---------- PROVIDED MATERIAL ----------

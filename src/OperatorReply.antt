-- ===== src/OperatorReply.antt =====
-- The delivery of operator replies: provider status callbacks
-- (supabase/functions/_shared/whatsappOperatorReplyStatus.ts) and the dispatch of queued replies
-- (supabase/functions/_shared/whatsappOperatorReplyDispatch.ts).
pub mod Status
pub mod Delivery
pub mod Reconcile
pub mod Dispatch
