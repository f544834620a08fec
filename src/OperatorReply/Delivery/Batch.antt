-- ===== src/OperatorReply/Delivery/Batch.antt =====
-- What a batch of provider status callbacks reports and writes.
use oasis_supabase_core.Prelude.{
  ℕ, ◌+◌, ◌≤◌, ◌≡◌, refl, ◌∙◌, ap, Bool, true, false, not, ◌&&◌, ◌||◌, Option, none, some, List, [],
  ◌∷◌, length, arith, if◌then◌else◌, ltb,
}
use oasis_supabase_core.Prelude.Exec.{Result, ok, thrown}
use oasis_supabase_core.OperatorReply.Status.{
  BoundedProviderStatus, normalize_operator_reply_provider_status,
}
use oasis_supabase_core.OperatorReply.Delivery.{
  ProviderStatusEvent, Admin, PersistOutcome, Counters, ProviderStatusBatchResult, no_events,
  handle_event, handle_events, persist_operator_reply_provider_status_batch,
  persist_operator_reply_provider_status, quarantine_unmatched_operator_reply_status,
}

-- an unmatched event is quarantined or counted as a failure
record IsBalanced (c : Counters) : Type 0 where
  lower : c.unmatched ≤ c.quarantined + c.retryable_failures
  upper : c.quarantined ≤ c.unmatched

abbrev is_unrecognised : Option BoundedProviderStatus → ℕ
is_unrecognised none = 1
is_unrecognised (some _) = 0

-- how many events have a status outside the receipts that are tracked
abbrev pub unrecognised : List ProviderStatusEvent → ℕ
unrecognised [] = 0
unrecognised (e ∷ es) =
    is_unrecognised (normalize_operator_reply_provider_status e.status) + unrecognised es

abbrev handled : Counters → ℕ
handled c = c.updated + c.ignored + c.unmatched

module _ {ℓ} {Db : Type ℓ} (admin : Admin Db) where
  handle_event-IsBalanced :
      (e : ProviderStatusEvent) (c : Counters) (s : Db)
      → IsBalanced c
      → IsBalanced (handle_event admin e c s).0
  unfolding handle_event
  handle_event-IsBalanced e c s b = ground arith

  handle_event-counts :
      (e : ProviderStatusEvent) (c : Counters) (s : Db)
      → let c' = (handle_event admin e c s).0 in
        (c'.ignored
          ≡ c.ignored + is_unrecognised (normalize_operator_reply_provider_status e.status))
        × (handled c' ≤ handled c + 1)
  unfolding handle_event
  handle_event-counts e c s = ground arith

  handle_events-IsBalanced :
      (es : List ProviderStatusEvent) (c : Counters) (s : Db)
      → IsBalanced c
      → IsBalanced (handle_events admin es c s).0
  unfolding handle_events
  handle_events-IsBalanced [] c s b = b
  handle_events-IsBalanced (e ∷ es) c s b =
      let next = handle_event admin e c s in
      handle_events-IsBalanced es next.0 next.1 (handle_event-IsBalanced e c s b)

  handle_events-counts :
      (es : List ProviderStatusEvent) (c : Counters) (s : Db)
      → let c' = (handle_events admin es c s).0 in
        (c'.ignored ≡ c.ignored + unrecognised es) × (handled c' ≤ handled c + length es)
  unfolding handle_events
  handle_events-counts [] c s = omega arith
  handle_events-counts (e ∷ es) c s =
      let next = handle_event admin e c s in
      omega (arith, handle_events-counts es next.0 next.1, handle_event-counts e c s)

  -- A batch that does not throw reports every event it was given, as ignored exactly those whose
  -- status is not a tracked receipt, has quarantined every unmatched event, and counts no event as
  -- two of updated, ignored and unmatched.
  pub batch_report :
      (es : List ProviderStatusEvent) (s s' : Db) (r : ProviderStatusBatchResult)
      → persist_operator_reply_provider_status_batch admin es s ≡ (ok r, s')
      → (r.count ≡ length es)
        × (r.ignored ≡ unrecognised es)
        × (r.quarantined ≡ r.unmatched)
        × (r.updated + r.ignored + r.unmatched ≤ r.count)
  unfolding persist_operator_reply_provider_status_batch
  batch_report es s s' r h = ground (
    arith,
    handle_events-counts es no_events s,
    handle_events-IsBalanced es no_events s (omega arith),
  )

abbrev pub succeeded {ℓ} : {A : Type ℓ} → Result A → Bool
succeeded (ok _) = true
succeeded (thrown _) = false

module _ {ℓ} {Db : Type ℓ} (admin : Admin Db) where
  abbrev persisted : ProviderStatusEvent → Result PersistOutcome → Db → Bool
  persisted e (thrown _) s = false
  persisted e (ok o) s =
      o.matched || succeeded (quarantine_unmatched_operator_reply_status admin e s).0

  abbrev recognised_ok : Option BoundedProviderStatus → ProviderStatusEvent → Db → Bool
  recognised_ok none e s = true
  recognised_ok (some _) e s =
      let answer = persist_operator_reply_provider_status admin e s in persisted e answer.0 answer.1

  -- One event handled at a store without a failure: its status is not a tracked receipt, or it is
  -- persisted and, when no outbox row has it, quarantined.
  abbrev pub event_ok : ProviderStatusEvent → Db → Bool
  event_ok e s = recognised_ok (normalize_operator_reply_provider_status e.status) e s

  -- The store after one event, however it went.
  abbrev pub store_after : ProviderStatusEvent → Db → Db
  store_after e s = (handle_event admin e no_events s).1

  abbrev pub events_ok : List ProviderStatusEvent → Db → Bool
  events_ok [] s = true
  events_ok (e ∷ es) s = event_ok e s && events_ok es (store_after e s)

  abbrev pub store_after_all : List ProviderStatusEvent → Db → Db
  store_after_all [] s = s
  store_after_all (e ∷ es) s = store_after_all es (store_after e s)

  handle_event_store :
      (e : ProviderStatusEvent) (c : Counters) (s : Db)
      → (handle_event admin e c s).1 ≡ store_after e s
  unfolding handle_event
  handle_event_store e c s = ground arith

  handle_events_store :
      (es : List ProviderStatusEvent) (c : Counters) (s : Db)
      → (handle_events admin es c s).1 ≡ store_after_all es s
  unfolding handle_events
  handle_events_store [] c s = refl
  handle_events_store (e ∷ es) c s =
      handle_events_store es (handle_event admin e c s).0 (handle_event admin e c s).1
      ∙ ap (store_after_all es) (handle_event_store e c s)

  -- No event starves a later one: whether the batch throws or not, each event is handled in turn at
  -- the store that the events before it left.
  pub batch_store :
      (es : List ProviderStatusEvent) (s : Db)
      → (persist_operator_reply_provider_status_batch admin es s).1 ≡ store_after_all es s
  unfolding persist_operator_reply_provider_status_batch
  batch_store es s = ground (arith, handle_events_store es no_events s)

  handle_event_failures :
      (e : ProviderStatusEvent) (c : Counters) (s : Db)
      → (handle_event admin e c s).0.retryable_failures
        ≡ c.retryable_failures + (if event_ok e s then 0 else 1)
  unfolding handle_event
  handle_event_failures e c s = ground arith

  handle_events_grow :
      (es : List ProviderStatusEvent) (c : Counters) (s : Db)
      → c.retryable_failures ≤ (handle_events admin es c s).0.retryable_failures
  unfolding handle_events
  handle_events_grow [] c s = omega arith
  handle_events_grow (e ∷ es) c s =
      let next = handle_event admin e c s in
      ground (arith, handle_event_failures e c s, handle_events_grow es next.0 next.1)

  handle_events_failures :
      (es : List ProviderStatusEvent) (c : Counters) (s : Db)
      → ltb c.retryable_failures (handle_events admin es c s).0.retryable_failures
        ≡ not (events_ok es s)
  unfolding handle_events
  handle_events_failures [] c s = ground arith
  handle_events_failures (e ∷ es) c s =
      let next = handle_event admin e c s in
      ground (
        arith,
        handle_event_failures e c s,
        handle_events_failures es next.0 next.1,
        handle_events_grow es next.0 next.1,
        handle_event_store e c s,
      )

  -- A batch succeeds exactly when every event is handled without a failure at the store that the
  -- events before it left: no failure is hidden, and nothing else makes the batch throw.
  pub batch-succeeded :
      (es : List ProviderStatusEvent) (s : Db)
      → succeeded (persist_operator_reply_provider_status_batch admin es s).0 ≡ events_ok es s
  unfolding persist_operator_reply_provider_status_batch
  batch-succeeded es s = ground (arith, handle_events_failures es no_events s)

----------

> WHAT NEEDS TO BE DONE
The lines to copy are those above that contain the string "exactly".

> FINAL ANSWER
  -- A batch that does not throw reports every event it was given, as ignored exactly those whose
  -- A batch succeeds exactly when every event is handled without a failure at the store that the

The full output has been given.